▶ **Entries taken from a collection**
● ● ● ● ● ● ●

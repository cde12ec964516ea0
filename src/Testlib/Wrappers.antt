-- ===== src/Testlib/Wrappers.antt =====
-- netrix/testlib/wrappers.go and the comparisons of conds.go: counters and message sets that are
-- looked up by label, and conditions on them.
use tendermint_testing.Base.{ℕ, String, Bool, false, Option, none, some, ◌<>◌, string_eq}
use tendermint_testing.Base.Int.{ℤ, pos, ltb_ℤ, leb_ℤ, int_beq}
use tendermint_testing.Types.Event.{Event}
use tendermint_testing.Types.Messages as Messages
use tendermint_testing.Types.Messages.{Message, MessageStore}
use tendermint_testing.Testlib.Vars.{
  VarSet, get_counter, set_counter, get_message_set, new_message_set, new_counter, set_value, value,
  set_at,
}
use tendermint_testing.Testlib.Context.{Context, get_message}
use tendermint_testing.Testlib.Conditions.{Condition, Lookup, on_message}

-- A CounterFunc or a SetFunc: the address of a cell, where there is one.
abbrev pub CountWrapper : Type 0 → Type 0
CountWrapper P = Event → Context P → Option ℕ × Context P

abbrev pub SetWrapper : Type 0 → Type 0
SetWrapper P = Event → Context P → Option ℕ × Context P

module _ {P : Type 0} where
  -- Count: the label's counter, which is made (over any other value there) if it is missing.
  abbrev found_or_made : Context P → String → Option ℕ → Option ℕ × Context P
  found_or_made c label (some n) = (some n, c)
  found_or_made c label none =
      let vars = set_counter c.vars label in (get_counter vars label, record c { vars = vars })

  unfoldable pub count : String → CountWrapper P
  unfolding set_counter get_counter
  count label e c = found_or_made c label (get_counter c.vars label)

  abbrev looked_up :
      (VarSet P → String → Option ℕ) → Option String × Context P → Option ℕ × Context P
  looked_up find (none, c) = (none, c)
  looked_up find (some label, c) = (find c.vars label, c)

  unfoldable pub count_f : Lookup P String → CountWrapper P
  unfolding get_counter
  count_f label e c = looked_up get_counter (label e c)

  unfoldable pub count_to : String → CountWrapper P
  unfolding count
  count_to label e c = elim (get_message c e) [
    | none ↦ (none, c)
    | some m ↦ count (label <> ("_" <> m.to)) e c
  ]

  abbrev set_found_or_made : Context P → String → Option ℕ → Option ℕ × Context P
  set_found_or_made c label (some s) = (some s, c)
  set_found_or_made c label none =
      let vars = new_message_set c.vars label in
      (get_message_set vars label, record c { vars = vars })

  unfoldable pub message_set : String → SetWrapper P
  unfolding new_message_set get_message_set
  message_set label e c = set_found_or_made c label (get_message_set c.vars label)

  unfoldable pub message_set_f : Lookup P String → SetWrapper P
  unfolding get_message_set
  message_set_f label e c = looked_up get_message_set (label e c)

  -- The address of a wrapper leads to a cell: Go's pointer.
  abbrev pub cell_size : Option (MessageStore P) → ℤ
  cell_size none = pos 0
  cell_size (some s) = pos (Messages.size s)

  -- SetWrapper.Count: a new counter with the size of the set.
  abbrev counted : Option ℕ × Context P → Option ℕ × Context P
  counted (none, c) = (none, c)
  counted (some s, c) =
      let (vars, n) = new_counter c.vars in
      (some n, record c { vars = set_value vars n (cell_size (set_at c.vars s)) })

  unfoldable pub set_count : SetWrapper P → CountWrapper P
  unfolding new_counter set_value set_at Messages.size
  set_count s e c = counted (s e c)

  -- A comparison of a counter with a value; an address always leads to a cell.
  abbrev cell_test : (ℤ → Bool) → Context P → Option ℕ → Bool
  cell_test test c none = false
  cell_test test c (some n) = elim (value c.vars n) [ none ↦ false | some x ↦ test x ]

  abbrev compare_with : (ℤ → Bool) → Option ℕ × Context P → Bool × Context P
  compare_with test (n, c) = (cell_test test c n, c)

  unfoldable pub lt : CountWrapper P → ℤ → Condition P
  unfolding value
  lt w n e c = compare_with (λ x. ltb_ℤ x n) (w e c)

  unfoldable pub gt : CountWrapper P → ℤ → Condition P
  unfolding value
  gt w n e c = compare_with (λ x. ltb_ℤ n x) (w e c)

  unfoldable pub eq : CountWrapper P → ℤ → Condition P
  unfolding value
  eq w n e c = compare_with (λ x. int_beq x n) (w e c)

  unfoldable pub leq : CountWrapper P → ℤ → Condition P
  unfolding value
  leq w n e c = compare_with (λ x. leb_ℤ x n) (w e c)

  unfoldable pub geq : CountWrapper P → ℤ → Condition P
  unfolding value
  geq w n e c = compare_with (λ x. leb_ℤ n x) (w e c)

  -- The F variants: the value is looked up only if there is a counter.
  abbrev compare_cell : (ℤ → ℤ → Bool) → ℕ → Option ℤ × Context P → Bool × Context P
  compare_cell test n (none, c) = (false, c)
  compare_cell test n (some v, c) = (cell_test (λ x. test x v) c (some n), c)

  abbrev compare_found :
      (ℤ → ℤ → Bool) → Lookup P ℤ → Event → Option ℕ × Context P → Bool × Context P
  compare_found test v e (none, c) = (false, c)
  compare_found test v e (some n, c) = compare_cell test n (v e c)

  unfoldable pub lt_f : CountWrapper P → Lookup P ℤ → Condition P
  unfolding value
  lt_f w v e c = compare_found (λ x y. ltb_ℤ x y) v e (w e c)

  unfoldable pub gt_f : CountWrapper P → Lookup P ℤ → Condition P
  unfolding value
  gt_f w v e c = compare_found (λ x y. ltb_ℤ y x) v e (w e c)

  unfoldable pub eq_f : CountWrapper P → Lookup P ℤ → Condition P
  unfolding value
  eq_f w v e c = compare_found (λ x y. int_beq x y) v e (w e c)

  unfoldable pub leq_f : CountWrapper P → Lookup P ℤ → Condition P
  unfolding value
  leq_f w v e c = compare_found (λ x y. leb_ℤ x y) v e (w e c)

  unfoldable pub geq_f : CountWrapper P → Lookup P ℤ → Condition P
  unfolding value
  geq_f w v e c = compare_found (λ x y. leb_ℤ y x) v e (w e c)

  abbrev member : Context P → ℕ → Message P → Bool
  member c s m = elim (set_at c.vars s) [ none ↦ false | some store ↦ Messages.exists store m.id ]

  abbrev contains_at : Event → Option ℕ × Context P → Bool × Context P
  contains_at e (none, c) = (false, c)
  contains_at e (some s, c) = (on_message c e (member c s), c)

  unfoldable pub contains : SetWrapper P → Condition P
  unfolding set_at
  contains s e c = contains_at e (s e c)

● ● ● ● ● ● ●

▶ **ASSIGNMENT**
From the entries, copy every line in which the word "false" occurs.

▶ **ANSWER TO THIS EXERCISE**
use tendermint_testing.Base.{ℕ, String, Bool, false, Option, none, some, ◌<>◌, string_eq}
  cell_test test c none = false
  cell_test test c (some n) = elim (value c.vars n) [ none ↦ false | some x ↦ test x ]
  compare_cell test n (none, c) = (false, c)
  compare_found test v e (none, c) = (false, c)
  member c s m = elim (set_at c.vars s) [ none ↦ false | some store ↦ Messages.exists store m.id ]
  contains_at e (none, c) = (false, c)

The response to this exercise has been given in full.